With boundaries between art forms becoming increasingly permeable, this year International Dance Festival Birmingham has included the phenomenal Canadian circus pioneers Les 7 Doigts De La Main in their line-up. Programming Director Paul Burns is a great advocate of bringing a wide range of movement-based performance to the IDFB. He has clearly defined his position on the importance of including circus within the festival offerings on their website.
Séquence 8 – perhaps titled in reference to the permutations of possible connections between the 8 performers. Or because it is the company’s 8th creation – brings a fascinating blend of highly stylised choreography and nonchalant functional activity to the stage at the REP, in the only UK dates before a stint at Sadlers Wells this autumn.
Raising whoops and cheers – and, at one point, a mexican wave – from the audience seated before the REP’s main stage, the company brings the direct communal atmosphere of a traditional circus into the proscenium arch venue better than anyone I’ve encountered. What is more, the text used within the show is so knowingly comic, meta-theatrical, and integrated so tightly within the physical framework of the piece, that they also succeed in bringing a contemporary theatre sensibility to their circus better than anyone I’ve come across.
Formed in 2002, Les 7 Doigts De La Main (which translates as ‘the 7 fingers of the hand’, leading to the common moniker ‘The 7 Fingers’) gained prominence in the UK when an excerpt of their show Traces was performed as part of the 2009 Royal Variety Performance. Séquence 8 includes elements of the chinese hoop diving which captured the nation’s attention then, (and it still makes me wince as Colin Davis leaps through the tower of hoops to land on his head), however this is just a tiny segment of what these world class artists achieve.

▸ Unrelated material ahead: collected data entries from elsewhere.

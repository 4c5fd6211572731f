-- ===== src/Ledger/Creation.antt =====
-- `create_intent` is idempotent: one recommendation has one intent, with one set of terms.
use algo_poc.Prelude.{
  ℕ, ◌≡◌, refl, sym, ap, ◌∙◌, ◌≢◌, ◌↔◌, Bool, true, inl, inr, String, Option, none, some, List, [],
  ◌∷◌, arith, eq_iff, eq_refl, Option-cases,
}
use algo_poc.Prelude.Int.{ℤ, eq_ℤ, eq_of_parts}
use algo_poc.Ledger.Intent.{Economics, OrderIntent, Proposal, price_eq}
use algo_poc.Ledger.Session.{Ledger, Result, ok, err, conflicting_order_intent, find_row, add_row}
use algo_poc.Ledger.Repository.{
  unless, conflicts, conflict_result, same_economics, create_intent, concurrent_insert,
  insert_or_compare, new_intent, proposal_values,
}
use algo_poc.Ledger.Rows.{find_row-append}

unless-eq-nil :
    (b : Bool) (name : String) (rest : List String)
    → (unless b name rest ≡ []) ↔ ((b ≡ true) × (rest ≡ []))
unless-eq-nil b name rest = ground arith

eq_ℤ_iff : (a b : ℤ) → (eq_ℤ a b ≡ true) ↔ (a ≡ b)
eq_ℤ_iff a b = (λ h. eq_of_parts a b (ground arith), λ h. ground arith)

price_eq_iff : (a b : Option ℤ) → (price_eq a b ≡ true) ↔ (a ≡ b)
unfolding price_eq
price_eq_iff none none = ground arith
price_eq_iff none (some q) = ground arith
price_eq_iff (some p) none = ground arith
price_eq_iff (some p) (some q) = ground (arith, eq_ℤ_iff p q)

-- The fields in conflict are none exactly when all the terms are the same.
pub conflicts-eq-nil : (a b : Economics) → (conflicts a b ≡ []) ↔ (a ≡ b)
unfolding conflicts
conflicts-eq-nil a b = (
  λ h. grind (arith, unless-eq-nil, eq_iff, eq_ℤ_iff, price_eq_iff),
  λ h. rw h (grind (arith, unless-eq-nil, eq_refl, eq_ℤ_iff, price_eq_iff)),
)

-- How `create_intent` ends for a proposal: it returns the one row of the recommendation, with the
-- proposal's terms, or that row has other terms and the fields that differ are reported.
abbrev pub Created : Proposal → Result OrderIntent × Ledger → Type 0
Created p (ok i, l) =
    (find_row p.recommendation_id l.rows ≡ some i) × (i.economics ≡ proposal_values p)
Created p (err e, l) =
    (i : OrderIntent) × (find_row p.recommendation_id l.rows ≡ some i)
    × (i.economics ≢ proposal_values p)
    × (e ≡ conflicting_order_intent (conflicts i.economics (proposal_values p)))

compared :
    (p : Proposal) (i : OrderIntent) (l : Ledger) (fields : List String)
    → find_row p.recommendation_id l.rows ≡ some i
    → conflicts i.economics (proposal_values p) ≡ fields
    → Created p (conflict_result i fields, l)
compared p i l [] e c = (e, (conflicts-eq-nil i.economics (proposal_values p)).0 c)
compared p i l (f ∷ fs) e c = (
  i,
  e,
  λ same. cc ((conflicts-eq-nil i.economics (proposal_values p)).1 same),
  ap conflicting_order_intent (sym c),
)

same_economics-Created :
    (p : Proposal) (i : OrderIntent) (l : Ledger)
    → find_row p.recommendation_id l.rows ≡ some i
    → Created p (same_economics i (proposal_values p) l)
unfolding same_economics
same_economics-Created p i l e = compared p i l (conflicts i.economics (proposal_values p)) e refl

-- A row that is added under a free key is found.
added :
    (now : ℕ) (rid : String) (values : Economics) (l : Ledger)
    → find_row rid l.rows ≡ none
    → find_row rid (add_row (new_intent now rid values) l).rows
      ≡ some (new_intent now rid values l.next_id)
unfolding add_row new_intent find_row
added now rid values l e =
    find_row-append rid (new_intent now rid values l.next_id) l.rows e ∙ ground (arith, eq_refl rid)

insert_or_compare-Created :
    (now : ℕ) (p : Proposal) (l : Ledger) (found : Option OrderIntent)
    → find_row p.recommendation_id l.rows ≡ found
    → Created p (insert_or_compare now p.recommendation_id (proposal_values p) l)
unfolding insert_or_compare
insert_or_compare-Created now p l none e =
    rw (e, insert_or_compare)
      (added now p.recommendation_id (proposal_values p) l e, unfold new_intent in refl)
insert_or_compare-Created now p l (some i) e =
    rw (e, insert_or_compare) (same_economics-Created p i l e)

create_found :
    (now : ℕ) (other : Option Proposal) (p : Proposal) (l : Ledger) (i : OrderIntent)
    → find_row p.recommendation_id l.rows ≡ some i
    → create_intent now other p l ≡ same_economics i (proposal_values p) l
unfolding create_intent
create_found now other p l i e = ground arith

create_missing :
    (now : ℕ) (other : Option Proposal) (p : Proposal) (l : Ledger)
    → find_row p.recommendation_id l.rows ≡ none
    → create_intent now other p l
      ≡ insert_or_compare now p.recommendation_id
          (proposal_values p)
          (concurrent_insert now other l)
unfolding create_intent
create_missing now other p l e = ground arith

-- Whatever another session inserts between the SELECT and the INSERT, `create_intent` returns the
-- one row of the recommendation, which has the proposal's terms; or that row has other terms, and
-- it raises with the fields that differ.
pub create_intent-Created :
    (now : ℕ) (other : Option Proposal) (p : Proposal) (l : Ledger)
    → Created p (create_intent now other p l)
create_intent-Created now other p l = elim (Option-cases (find_row p.recommendation_id l.rows)) [
  | inl e ↦
      let m = concurrent_insert now other l in
      rw (create_missing now other p l e)
        (insert_or_compare-Created now p m (find_row p.recommendation_id m.rows) refl)
  | inr (i, e) ↦ rw (create_found now other p l i e) (same_economics-Created p i l e)
]

conflict_result_iff :
    (i : OrderIntent) (fields : List String) → (conflict_result i fields ≡ ok i) ↔ (fields ≡ [])
conflict_result_iff i [] = (λ _. refl, λ _. refl)
conflict_result_iff i (f ∷ fs) = (λ h. cc, λ h. cc)

-- Proposing an order again, at any later time and with any proposal of the same recommendation,
-- changes nothing: with the same terms the same row is returned, with others the call raises.
pub create_intent_again :
    (now : ℕ) (other : Option Proposal) (p : Proposal) (l : Ledger) (i : OrderIntent)
    → find_row p.recommendation_id l.rows ≡ some i
    → ((create_intent now other p l).1 ≡ l)
      × (((create_intent now other p l).0 ≡ ok i) ↔ (i.economics ≡ proposal_values p))
unfolding same_economics
create_intent_again now other p l i e =
    let terms = conflicts-eq-nil i.economics (proposal_values p) in
    let (fwd, bwd) = conflict_result_iff i (conflicts i.economics (proposal_values p)) in
    rw (create_found now other p l i e) (refl, (λ h. terms.0 (fwd h), λ h. bwd (terms.1 h)))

As props magically appear and disappear or subtly transform in an understated realm of the fantastic, exquisite feats of virtuosity also arise out of the blue to surprise and astound; rather than following a ‘build-up to the big trick’ dramaturgy, individual demonstrations of prowess evolve naturally from the ensemble. When Alexandra Royer‘s liquid equilibristics on the Russian Bar become a sudden high-flying somersault I am left with a feeling of ‘did I just see that?!’; when the wonderful play between Ugo Dario, Maxim Laurin, and their Korean teeterboard leaps into unspotted exchanges of position my muscles clench and my breath stops.
This is a show that makes me happy to be alive; to be a human; to have the power to Be, to Do and to Play. The show is full of eloquent visual gags and, from the tongue-in-cheek moments of dialogue, we are given a laughing insight into the thought-process behind this show, and a comment on stereotypical responses to contemporary art. Life has no clear why’s and wherefore’s, and this circus reflects that, whilst acknowledging its own pre-conceived nature.
With most of the ‘individual acts’ within Séquence 8, the other company members continuously both support and challenge as an ensemble. When Eric Bates launches into his cigar box juggling to the fast-paced rhythms of Tunng’s Bullets (which used to be my tight wire track. My heart bursts) we see the focus and range that won him a Bronze at the prestigious Cirque De Demain last year, as well as the precision and dedication of the entire crew.
During the faux-interval – in which the teeterboard is set for Gold Prize winners 2012, Dario and Laurin – the audience are presented with a series of multiple-choice questions to ‘check our understanding’ of the show: Laurin’s static trapeze work, set above a writhing mat of bodies who lift and lower him as one was fast, slick and unexpected, giving a great impression of spontaneous improvisation. We are asked:
C) Not so hungry
I am impressed by how readily the audience shout out their gleeful answers; we Brits aren’t always so amenable, and it’s a testament to the direction from 2 of the 7 Fingers founders, Shana Carroll and Sébastien Soldevila, that we feel so comfortable to share the performers’ slightly mad world.
In the ‘second half’ we see the specialist skills of Tristan Nielsen and Camille Legris in their adagio acrobalance, finding stillness immediately on each pose. A structural ‘reset’ provides a welcomed reprise of Bates’ act, which develops into a live looped rhythmic composition through the microphone, providing a beatbox arena for an incredible headspin and a Birmingham special rap.
By the time Devin Henderson reaches his chinese pole act, perhaps the only moment where we see an extended performance of one artist alone onstage, I can feel my attention has begun to wane. It is revived somewhat by Royer’s vertiginous whirling in her aerial dance and hoop number but, though both acts are beautiful and skilled in themselves, they feel rather shoehorned into the overall picture after the intricate connections of everything that has gone before. Maybe I’ve reached sensory overload.
In a final acrobatic dance number we are impressed again with a choreography of symmetry and separation, synchronicity and individuality. There is little doubt that this is world class performance, whether framed as theatre, dance or circus. I cannot help thinking that Dario’s recurrent ‘ghosts’ are those of the circus tradition, still present and influencing the structures and ambiance of Séquence 8, in all its developed nature, if you know where to look. But I also know the creators would laugh at me for putting so strict a meaning to anything they have presented here!